No big deal. Getting older should be fun. You should be meeting some goals you've set. As your kids get older you have a little more free time to pick up old or new hobbies. Looking to when they're both out the house. I'll be 45 and got some traveling to do with the wife.


----------



## wifenursemom (Feb 17, 2012)

I'm going to be 38 on my next birthday. I love my 30's. I found that I am more calm and settled, don't put up with as much BS as I used to, and have started to focus more on the future. I went back to school and started a second career. 20's are so up and down. 30's are really nice.


----------



## I'mInLoveWithMyHubby (Nov 7, 2011)

My mother is 65 and is addicted to video games. She has been as long as I can remember. She has so many games and counsels. Now she's into the iPad, which I love the iPod. It has games and internet to keep me occupied and I'm almost 40. 

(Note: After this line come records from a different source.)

-- ===== src/Rudp/Process/Answers.antt =====
-- RProcess.h: which answers there are only with a packet to send.
use cprogramming.Prelude.{◌+◌, ◌≡◌, refl, arith, inl, true, false, Option, none, some, ◌⊎◌}
use cprogramming.Rudp.Hdr.{RHdr, flag_unset, chk_flag}
use cprogramming.Rudp.Queue.{RState, curr, rhead_peak, u16}
use cprogramming.Rudp.Process.{
  Files, Answer, refused, worse_chk, is_none, fname_of, ret_pkt, snd_pkt, invalid_nak, get_from,
  serve_get, next_from, serve_next, next_asked, serve_end, answer_later, flags_after, answer_flags,
  answer_numbers, answer_chksum, process_converted, process_last, rprocess_request, put_his,
  convert_bytes,
}

-- The request is refused, or there is a packet.
abbrev pub HasPacket : RState × Answer → Type 0
HasPacket p = (p.1 ≡ refused) ⊎ (p.1 ≡ worse_chk) ⊎ (is_none (curr p.0) ≡ false)

ret_pkt-HasPacket : (s : RState) → HasPacket (ret_pkt s)
unfolding ret_pkt
ret_pkt-HasPacket s = ground arith

snd_pkt-HasPacket : (s : RState) → HasPacket (snd_pkt s)
unfolding snd_pkt
snd_pkt-HasPacket s = ret_pkt-HasPacket _

invalid_nak-HasPacket : (s : RState) (h : RHdr) → HasPacket (invalid_nak s h)
unfolding invalid_nak
invalid_nak-HasPacket s h = ground (arith, snd_pkt-HasPacket s)

module _ (fs : Files) where
  get_from-HasPacket : (s : RState) (h : RHdr) (o : Option fs.File) → HasPacket (get_from fs s h o)
  unfolding get_from
  get_from-HasPacket s h none = inl refl
  get_from-HasPacket s h (some f) = snd_pkt-HasPacket _

  serve_get-HasPacket : (s : RState) (h : RHdr) → HasPacket (serve_get fs s h)
  unfolding serve_get
  serve_get-HasPacket s h = ground (arith, get_from-HasPacket s h (fs.fopen (fname_of h.msg)))

  next_from-HasPacket : (s : RState) (o : Option fs.File) → HasPacket (next_from fs s o)
  unfolding next_from
  next_from-HasPacket s none = inl refl
  next_from-HasPacket s (some f) = snd_pkt-HasPacket _

  next_asked-HasPacket : (s : RState) (o : Option RHdr) → HasPacket (next_asked fs s o)
  unfolding next_asked serve_next
  next_asked-HasPacket s none = inl refl
  next_asked-HasPacket s (some r) =
      ground (arith, next_from-HasPacket s (fs.fopen (fname_of r.msg)))

  answer_later-HasPacket : (s : RState) (last h : RHdr) → HasPacket (answer_later fs s last h)
  unfolding answer_later serve_end
  answer_later-HasPacket s last h =
      ground (arith, next_asked-HasPacket s s.request, invalid_nak-HasPacket s h)

  flags_after-HasPacket :
      (s : RState) (h : RHdr) (o : Option RHdr) → HasPacket (flags_after fs s h o)
  unfolding flags_after
  flags_after-HasPacket s h none =
      ground (arith, serve_get-HasPacket s h, invalid_nak-HasPacket s h)
  flags_after-HasPacket s h (some last) = ground (
    arith,
    answer_later-HasPacket s last h,
    invalid_nak-HasPacket s h,
    ret_pkt-HasPacket (record s { seq = u16 (s.seq + 1) }),
  )

  answer_numbers-HasPacket : (s : RState) (h : RHdr) → HasPacket (answer_numbers fs s h)
  unfolding answer_numbers answer_flags
  answer_numbers-HasPacket s h =
      ground (arith, flags_after-HasPacket s h (curr s), ret_pkt-HasPacket s)

  answer_chksum-HasPacket : (s : RState) (h : RHdr) → HasPacket (answer_chksum fs s h)
  unfolding answer_chksum
  answer_chksum-HasPacket s h =
      let h' = flag_unset h chk_flag in
      ground (
        arith,
        answer_numbers-HasPacket s h,
        answer_numbers-HasPacket (put_his h' s) h',
        answer_numbers-HasPacket (put_his h' (record s { chksum = true })) h',
      )

  process_last-HasPacket : (s : RState) (o : Option RHdr) → HasPacket (process_last fs s o)
  unfolding process_last process_converted
  process_last-HasPacket s none = inl refl
  process_last-HasPacket s (some raw) =
      let h = convert_bytes fs raw true in
      ground (arith, answer_chksum-HasPacket (put_his h s) h, invalid_nak-HasPacket (put_his h s) h)

  pub rprocess_request-HasPacket : (s : RState) → HasPacket (rprocess_request fs s)
  unfolding rprocess_request
  rprocess_request-HasPacket s = process_last-HasPacket s (rhead_peak s.his)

30 was a great year for me. . I was raising 3 young children and running 36 miles a week. 3 years later I broke my neck and now am homebound/disabled due to pain. With my supportive husband, life is still great!
_Posted via Mobile Device_


----------



## Kobo (May 13, 2010)

I'mInLoveWithMyHubby said:


> My mother is 65 and is addicted to video games.
> _Posted via Mobile Device_



This made me laugh.


----------



## YinPrincess (Jul 31, 2011)

I turned 30 two years ago. It was so uneventful I don't even remember it. I don't feel my age, though. I guess in my mind I still haven't left my 20's lol .
_Posted via Mobile Device_


----------



## sigma1299 (May 26, 2011)

No not at all. Not even a little.


----------



## Stir Crazy (Feb 10, 2012)

Turning 30 was a cinch for me. Much of it has to do with your outlook on life. I don't understand people (women in particular) who dread each birthday. If you make a big deal out of your age then others will too both for good and bad. If you however have a positive outlook on life and all that it brings, age will not affect you as much. Certainly physically getting older brings ailments and what not, but I don't feel "old" at all since turning 30 even though many of my friends and even my identical twin sister does. If you take care of yourself, feel good about life and believe that attitude defines a person more than a number...I think then each birthday will be great. 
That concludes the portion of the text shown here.